Specialized AI services — image, video, audio, search, design, take your pick — are realizing they can’t compete with generic agents like Claude, Gemini, or whatever comes next. The generic agents have everything: the writing, the reasoning, the conversation, the local files, the tools. What’s a single-purpose AI service supposed to do, build its own version of all of that? That’s a losing battle. So they’re flipping the strategy. Instead of trying to replicate what the agents do, they’re enabling the agents to use them.

Higgsfield’s model-selection feature is a small concrete example of what that looks like. Different shots want different models — Seedance for identity-preserving b-roll, Kling for cinematic motion, others for marketing-style ads. I don’t have to know any of that. I never have to learn eight different APIs. The skill calls into Higgsfield, Higgsfield picks the right model. That’s the specialist doing its job: being the best at media, including the parts I don’t want to think about.
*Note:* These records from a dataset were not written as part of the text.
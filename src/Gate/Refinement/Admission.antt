-- ===== src/Gate/Refinement/Admission.antt =====
-- How internal/application/gate/service.go admits and recovers tasks, as steps of `Change`.
use keelmesh.Prelude.{
  String, Map, true, false, not, ◌||◌, ◌&&◌, ◌≡◌, refl, sym, lookup, blank, Option, none, some,
  arith, if_cases, inl, inr, subst, ap, ◌∙◌, Bool-cases, Error, ◌⊎◌,
}
use keelmesh.Gate.Types.{
  TaskRecord, TaskEntry, audit_event, TaskOptions, IngestInboundRequest, DispatchTaskRequest,
}
use keelmesh.Gate.Service.{Service, transition_with_audit, create_with_audit, start_execution}
use keelmesh.Gate.Admission.{
  new_task, create_task, accept, ingest_inbound, dispatch_task, recover_entry, recovered_reason,
}
use keelmesh.Gate.Shared.{Shared, IsShared, get-shared, create_with_audit-shared}
use keelmesh.Gate.Changes.{Allowed, Change}
use keelmesh.Gate.Refinement.{Refines, transition-Change, get_cases}

module _ (render : Error → String) (s : Service Shared) (shared : IsShared s) where
  world-create_task :
      (id : String) (task : TaskRecord)
      → (create_task render s id task).0.world
        ≡ (create_with_audit s id task (audit_event id "created" "" task.state "")).0
  unfolding create_task start_execution
  world-create_task id task = ground arith

  accept-Change :
      (id channel_id target_id content : String) (metadata : Map String) (options : TaskOptions)
      → s.world.view ≡ s.world.memory.tasks
      → Change s.world (accept render s id channel_id target_id content metadata options).0.world
  unfolding accept
  accept-Change id channel_id target_id content metadata options fresh =
      let task = new_task channel_id target_id content metadata options in
      get_cases (Refines s) _ _ _ (get-shared s shared id)
        (λ absent. Change.create id task (ap (lookup id) (sym fresh) ∙ absent) (
          world-create_task id task
          ∙ ap (λ r. r.0)
              (create_with_audit-shared s shared id task
                (audit_event id "created" "" task.state ""))))
        λ _ _. Change.keep refl

  pub ingest_inbound-Change :
      (r : Option IngestInboundRequest)
      → s.world.view ≡ s.world.memory.tasks
      → Change s.world (ingest_inbound render s r).0.world
  unfolding ingest_inbound
  ingest_inbound-Change none fresh = Change.keep refl
  ingest_inbound-Change (some r) fresh =
      if_cases (Refines s) (blank r.channel_id || blank r.target_id || blank r.content)
        (λ _. Change.keep refl)
        λ _. accept-Change _ r.channel_id r.target_id r.content r.metadata _ fresh

  pub dispatch_task-Change :
      (r : Option DispatchTaskRequest)
      → s.world.view ≡ s.world.memory.tasks
      → Change s.world (dispatch_task render s r).0.world
  unfolding dispatch_task
  dispatch_task-Change none fresh = Change.keep refl
  dispatch_task-Change (some r) fresh =
      if_cases (Refines s)
        (blank r.task_id || blank r.channel_id || blank r.target_id || blank r.content)
        (λ _. Change.keep refl)
        λ _. accept-Change r.task_id r.channel_id r.target_id r.content r.metadata _ fresh

module _ (s : Service Shared) (shared : IsShared s) where
  kept :
      (e : TaskEntry)
      → (e.task.require_approval && not e.task.approval_granted) ≡ true
      → (recover_entry s e).0.world ≡ s.world
  unfolding recover_entry
  kept e waiting = ground arith

  world-recover_entry :
      (e : TaskEntry)
      → (e.task.require_approval && not e.task.approval_granted) ≡ false
      → (recover_entry s e).0.world
        ≡ (transition_with_audit s e.id e.task.state
            (record e.task { state = "queued" })
            (audit_event e.id "recovered" e.task.state "queued" recovered_reason)).0
  unfolding recover_entry start_execution
  world-recover_entry e free = ground arith

  -- One round of the recovery, for an entry that was listed.
  pub recover_entry-Change :
      (e : TaskEntry)
      → lookup e.id s.world.view ≡ some e.task
      → (e.task.state ≡ "queued") ⊎ (e.task.state ≡ "running")
      → Change s.world (recover_entry s e).0.world
  recover_entry-Change e found live =
      elim (Bool-cases (e.task.require_approval && not e.task.approval_granted)) [
        | inl waiting ↦ Change.keep (kept e waiting)
        | inr free ↦ subst (Change s.world) (sym (world-recover_entry e free)) (
            transition-Change s shared e.id "recovered" recovered_reason e.task.state e.task _ found
              refl (Allowed.recovered free live refl))
      ]
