-- ===== src/Gate/Moves/Kept.antt =====
-- What one move of a run (Gate/Moves) keeps of the stores of internal/application/gate/service.go.
use keelmesh.Prelude.{
  ℕ, zero, suc, String, Map, ◌==◌, ◌||◌, ◌≡◌, refl, sym, ap, ◌∙◌, subst, none, some, List, [], ◌∷◌,
  All, arith, Error, lookup, get_elem?, if_cases, option_cases, eq_iff, Bool-cases, inl, inr,
}
use keelmesh.Gate.Types.{TaskRecord}
use keelmesh.Gate.Memory.{Outside}
use keelmesh.Gate.Service.{Service}
use keelmesh.Gate.Shared.{Shared, IsShared}
use keelmesh.Gate.Changes.{Change}
use keelmesh.Gate.Refinement.Handlers.{
  resume_task-Change, approve_task-Change, cancel_task-Change, project_task_event-Change,
}
use keelmesh.Gate.Refinement.Admission.{
  ingest_inbound-Change, dispatch_task-Change, recover_entry-Change,
}
use keelmesh.Gate.Refinement.Execution.{begin-Change, persist_progress-Note, finish-Change}
use keelmesh.Gate.Invariants.{IsAudited, Change-IsAudited, Note-IsAudited, recorded}
use keelmesh.Gate.Invariants.Appends.{append_pending-IsAudited, tasks-append_pending}
use keelmesh.Gate.Invariants.Evolution.{
  Before, Before-refl, Before-trans, KeepsCancelled, Change-Before, Note-Before,
  Change-KeepsCancelled, Note-KeepsCancelled,
}
use keelmesh.Gate.Moves.{
  Call, projects, resumes, approves, cancels, recovers, begins, finishes, Move, ingests, dispatches,
  calls, reports, appends, System, tasks_of, seen, with_view, recover, call, move, IsUndisturbed,
}

with_view-IsShared :
    (s : Service Shared) (view : Map TaskRecord) → IsShared s → IsShared (with_view s view)
with_view-IsShared s view shared = record { tasks = shared.tasks; audit = shared.audit }

recover-Change :
    (s : Service Shared) (id : String) → IsShared s → Change s.world (recover s id).world
unfolding recover
recover-Change s id shared =
    option_cases (λ (t : Service Shared). Change s.world t.world) (lookup id s.world.view)
      (λ _. Change.keep refl)
      λ task found.
        if_cases (λ (t : Service Shared). Change s.world t.world)
          (task.state == "queued" || task.state == "running")
          (λ live.
            recover_entry-Change s shared (record { id = id; task = task }) found
              (elim (Bool-cases (task.state == "queued")) [
                | inl queued ↦ inl ((eq_iff task.state "queued").0 queued)
                | inr other ↦ inr ((eq_iff task.state "running").0 (ground (arith, live)))
              ]))
          λ _. Change.keep refl

-- The first contents, and every contents that a move may have read, are of the same tasks.
abbrev pub IsPast : System → Type 0
IsPast sys = All (λ v. Before v (tasks_of sys)) sys.past

nth-Before :
    (now : Map TaskRecord) (views : List (Map TaskRecord)) (n : ℕ)
    → All (λ v. Before v now) views
    → Before (elim (get_elem? views n) [ none ↦ now | some v ↦ v ]) now
nth-Before now [] n h = Before-refl now
nth-Before now (v ∷ views) zero h = h.0
nth-Before now (v ∷ views) (suc n) h = nth-Before now views n h.1

seen-Before : (sys : System) (n : ℕ) → IsPast sys → Before (seen sys n) (tasks_of sys)
unfolding seen
seen-Before sys n h =
    nth-Before (tasks_of sys) (tasks_of sys ∷ sys.past) n (Before-refl (tasks_of sys), h)

pub later-Before :
    (now next : Map TaskRecord) (views : List (Map TaskRecord))
    → Before now next
    → All (λ v. Before v now) views
    → All (λ v. Before v next) views
later-Before now next [] b h = tt
later-Before now next (v ∷ views) b h =
    (Before-trans v now next h.0 b, later-Before now next views b h.1)

seen-undisturbed : (sys : System) (n : ℕ) → n ≡ 0 → seen sys n ≡ tasks_of sys
unfolding seen
seen-undisturbed sys n e = ap (seen sys) e

view-IsAudited :
    (w : Shared) (view : Map TaskRecord) → IsAudited w → IsAudited (record w { view = view })
unfolding recorded
view-IsAudited w view h = h

module _ (render : Error → String) (o : Outside) where
  call-Change :
      (s : Service Shared) (c : Call) → IsShared s → Change s.world (call render o s c).world
  unfolding call
  call-Change s (projects r) shared = project_task_event-Change s shared r
  call-Change s (resumes r) shared = resume_task-Change s shared r
  call-Change s (approves r) shared = approve_task-Change s shared r
  call-Change s (cancels r) shared = cancel_task-Change s shared r
  call-Change s (recovers id) shared = recover-Change s id shared
  call-Change s (begins l) shared = begin-Change s shared l
  call-Change s (finishes l task answer q) shared = finish-Change s shared render l task answer q

  pub move-IsAudited :
      (sys : System) (m : Move)
      → IsShared sys.service
      → IsUndisturbed m
      → IsAudited sys.service.world
      → IsAudited (move render o sys m).world
  unfolding move
  move-IsAudited sys (ingests r) shared _ h =
      let now = tasks_of sys in
      Change-IsAudited
        (ingest_inbound-Change render (with_view sys.service now)
          (with_view-IsShared sys.service now shared) r refl)
        (view-IsAudited sys.service.world now h)
  move-IsAudited sys (dispatches r) shared _ h =
      let now = tasks_of sys in
      Change-IsAudited
        (dispatch_task-Change render (with_view sys.service now)
          (with_view-IsShared sys.service now shared) r refl)
        (view-IsAudited sys.service.world now h)
  move-IsAudited sys (calls n c) shared _ h =
      Change-IsAudited
        (call-Change (with_view sys.service (seen sys n)) c
          (with_view-IsShared sys.service (seen sys n) shared))
        (view-IsAudited sys.service.world (seen sys n) h)
  move-IsAudited sys (reports n task state content d q) shared undisturbed h =
      Note-IsAudited
        (persist_progress-Note (with_view sys.service (seen sys n))
          (with_view-IsShared sys.service (seen sys n) shared) task state content d q)
        (seen-undisturbed sys n undisturbed) (view-IsAudited sys.service.world (seen sys n) h)
  move-IsAudited sys (appends n) shared _ h = append_pending-IsAudited o sys.service.world n h

  pub move-KeepsCancelled :
      (sys : System) (m : Move)
      → IsShared sys.service
      → IsUndisturbed m
      → KeepsCancelled (tasks_of sys) (move render o sys m).world.memory.tasks
  unfolding move
  move-KeepsCancelled sys (ingests r) shared _ =
      let now = tasks_of sys in
      Change-KeepsCancelled (
        ingest_inbound-Change render (with_view sys.service now)
          (with_view-IsShared sys.service now shared) r refl)
  move-KeepsCancelled sys (dispatches r) shared _ =
      let now = tasks_of sys in
      Change-KeepsCancelled (
        dispatch_task-Change render (with_view sys.service now)
          (with_view-IsShared sys.service now shared) r refl)
  move-KeepsCancelled sys (calls n c) shared _ = Change-KeepsCancelled (
      call-Change (with_view sys.service (seen sys n)) c
        (with_view-IsShared sys.service (seen sys n) shared))
  move-KeepsCancelled sys (reports n task state content d q) shared undisturbed =
      Note-KeepsCancelled
        (persist_progress-Note (with_view sys.service (seen sys n))
          (with_view-IsShared sys.service (seen sys n) shared) task state content d q)
        (seen-undisturbed sys n undisturbed)
  move-KeepsCancelled sys (appends n) shared _ =
      λ id old found gone. ap (lookup id) (tasks-append_pending o sys.service.world n) ∙ found

  pub move-Before :
      (sys : System) (m : Move)
      → IsShared sys.service
      → IsPast sys
      → Before (tasks_of sys) (move render o sys m).world.memory.tasks
  unfolding move
  move-Before sys (ingests r) shared past =
      let now = tasks_of sys in
      Change-Before
        (ingest_inbound-Change render (with_view sys.service now)
          (with_view-IsShared sys.service now shared) r refl)
        (Before-refl now)
  move-Before sys (dispatches r) shared past =
      let now = tasks_of sys in
      Change-Before
        (dispatch_task-Change render (with_view sys.service now)
          (with_view-IsShared sys.service now shared) r refl)
        (Before-refl now)
  move-Before sys (calls n c) shared past =
      Change-Before
        (call-Change (with_view sys.service (seen sys n)) c
          (with_view-IsShared sys.service (seen sys n) shared))
        (seen-Before sys n past)
  move-Before sys (reports n task state content d q) shared past =
      Note-Before
        (persist_progress-Note (with_view sys.service (seen sys n))
          (with_view-IsShared sys.service (seen sys n) shared) task state content d q)
        (seen-Before sys n past)
  move-Before sys (appends n) shared past =
      subst (Before (tasks_of sys)) (sym (tasks-append_pending o sys.service.world n))
        (Before-refl (tasks_of sys))
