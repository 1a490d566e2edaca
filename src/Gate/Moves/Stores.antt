-- ===== src/Gate/Moves/Stores.antt =====
-- No operation of internal/application/gate/service.go replaces the stores of its service.
use keelmesh.Prelude.{
  String, ◌≡◌, refl, Option, none, some, arith, Error, pos, leb_ℤ, ◌||◌, ◌==◌, blank, if_cases,
  option_cases, read_cases, lookup,
}
use keelmesh.Gate.Types.{TaskRecord, ProjectTaskEventRequest, is_terminal}
use keelmesh.Gate.Memory.{Outside}
use keelmesh.Gate.Service.{Service, start_execution}
use keelmesh.Gate.Handlers.{
  project_task_event, project_task, persist_event, apply_event, mark_event, resume_task,
  approve_task, cancel_task, cancel_context,
}
use keelmesh.Gate.Admission.{ingest_inbound, dispatch_task, recover_entry}
use keelmesh.Gate.Execution.{begin, persist_progress, finish}
use keelmesh.Gate.Shared.{Shared, IsShared}
use keelmesh.Gate.Moves.{
  Call, projects, resumes, approves, cancels, recovers, begins, finishes, Move, ingests, dispatches,
  calls, reports, appends, System, recover, call, move,
}

abbrev SameStores : Service Shared → Service Shared → Type 0
SameStores s s' = (s'.tasks ≡ s.tasks) × (s'.audit ≡ s.audit)

start_execution-SameStores :
    (s : Service Shared) (id : String) (t : TaskRecord) → SameStores s (start_execution s id t)
unfolding start_execution
start_execution-SameStores s id t = ground arith

persist_event-SameStores :
    (s : Service Shared) (r : ProjectTaskEventRequest) (old new : TaskRecord)
    → SameStores s (persist_event s r old new).0
unfolding persist_event
persist_event-SameStores s r old new = ground arith

abbrev Keeps {ℓ} : {R : Type ℓ} → Service Shared → Service Shared × R → Type 0
Keeps s res = SameStores s res.0

project_task-SameStores :
    (s : Service Shared) (r : ProjectTaskEventRequest) (task : TaskRecord)
    → SameStores s (project_task s r task).0
unfolding project_task
project_task-SameStores s r task =
    if_cases (Keeps s) (leb_ℤ r.sequence task.last_sequence || r.event_id == task.last_event_id)
      (λ _. (refl, refl))
      λ _.
        if_cases (Keeps s) (is_terminal task.state) (λ _. (refl, refl))
          λ _.
            option_cases (Keeps s) (apply_event r task) (λ _. (refl, refl))
              λ new _. persist_event-SameStores s r task (mark_event r new)

project_task_event-SameStores :
    (s : Service Shared) (r : Option ProjectTaskEventRequest)
    → SameStores s (project_task_event s r).0
unfolding project_task_event
project_task_event-SameStores s none = (refl, refl)
project_task_event-SameStores s (some r) =
    if_cases (Keeps s) (blank r.task_id || blank r.event_id || leb_ℤ r.sequence (pos 0))
      (λ _. (refl, refl))
      λ _.
        read_cases (Keeps s) (s.tasks.get s.world r.task_id) (λ _ _. (refl, refl))
          (λ _. (refl, refl)) λ task _. project_task-SameStores s r task

recover_entry-SameStores :
    (s : Service Shared) (id : String) (task : TaskRecord)
    → SameStores s (recover_entry s (record { id = id; task = task })).0
unfolding recover_entry start_execution
recover_entry-SameStores s id task = ground arith

recover-SameStores : (s : Service Shared) (id : String) → SameStores s (recover s id)
unfolding recover
recover-SameStores s id =
    option_cases (SameStores s) (lookup id s.world.view) (λ _. (refl, refl))
      λ task _.
        if_cases (SameStores s) (task.state == "queued" || task.state == "running")
          (λ _. recover_entry-SameStores s id task) λ _. (refl, refl)

module _ (render : Error → String) (o : Outside) where
  call-SameStores : (s : Service Shared) (c : Call) → SameStores s (call render o s c)
  unfolding call resume_task approve_task cancel_task cancel_context begin finish start_execution
  call-SameStores s (projects r) = project_task_event-SameStores s r
  call-SameStores s (resumes none) = (refl, refl)
  call-SameStores s (resumes (some r)) = ground arith
  call-SameStores s (approves none) = (refl, refl)
  call-SameStores s (approves (some r)) = ground arith
  call-SameStores s (cancels none) = (refl, refl)
  call-SameStores s (cancels (some r)) = ground arith
  call-SameStores s (recovers id) = recover-SameStores s id
  call-SameStores s (begins l) = ground arith
  call-SameStores s (finishes l task answer q) = ground arith

  move-SameStores : (sys : System) (m : Move) → SameStores sys.service (move render o sys m)
  unfolding move ingest_inbound dispatch_task persist_progress start_execution
  move-SameStores sys (ingests none) = (refl, refl)
  move-SameStores sys (ingests (some r)) = ground arith
  move-SameStores sys (dispatches none) = (refl, refl)
  move-SameStores sys (dispatches (some r)) = ground arith
  move-SameStores sys (calls n c) = call-SameStores _ c
  move-SameStores sys (reports n task state content d q) = ground arith
  move-SameStores sys (appends n) = (refl, refl)

  pub move-IsShared :
      (sys : System) (m : Move) → IsShared sys.service → IsShared (move render o sys m)
  move-IsShared sys m shared = let same = move-SameStores sys m in ground arith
Focus on specialized intelligence. Delegate everything generic to the agent. That’s Higgsfield’s bet, and every specialist worth using will make the same bet. Trying to build a chat interface that competes with Claude or ChatGPT is not a fight worth picking.

So the new shape of AI products is this. The agent is the operating system. MCP is how specialized services plug into it.

The recipe is straightforward. A proper agent — terminal, IDE, or desktop, doesn’t matter which — combined with your local files (project, manuscript, git state), remote capabilities plugged in via MCP, and skills that turn ad-hoc prompts into repeatable workflows. In this video specifically: the local file was a manuscript, the remote capability was Higgsfield, the skill was manuscript-broll-suggest, the agent was Claude Code, and the orchestrator was me. That’s the pattern.

Generic browser chats like Claude.ai and ChatGPT can technically do most of this. They support MCPs, you can give them tools. They just suck at it. No clean view of your files, no composition with the rest of your machine, and the loop gets clumsy fast. Single-purpose web tools — Higgsfield’s own UI, every other media service with a chat panel — suck even more. Locked to one specialty, no escape hatch when the work needs to combine with anything else.

One last thought.

People always ask whether this stuff is going to replace creative professionals. Maybe not today. But givfe it a bit of time and yeah, it will. Same way it’s already replacing parts of what software developers used to do. Some of us — at least some of us — are already specialized orchestrators. Managers, really. We don’t write the code anymore; we manage the AI agent that does. And that shape is coming for every profession where the work involves generating something. Writers, designers, journalists, marketers. They’re going to be orchestrators too.

So the real question isn’t whether the change happens. The real question is which side of it you end up on. You’re either an orchestrator — sitting next to your files, running a proper agent, plugging in the specialized capabilities you need — or you’re whoever those orchestrators replace.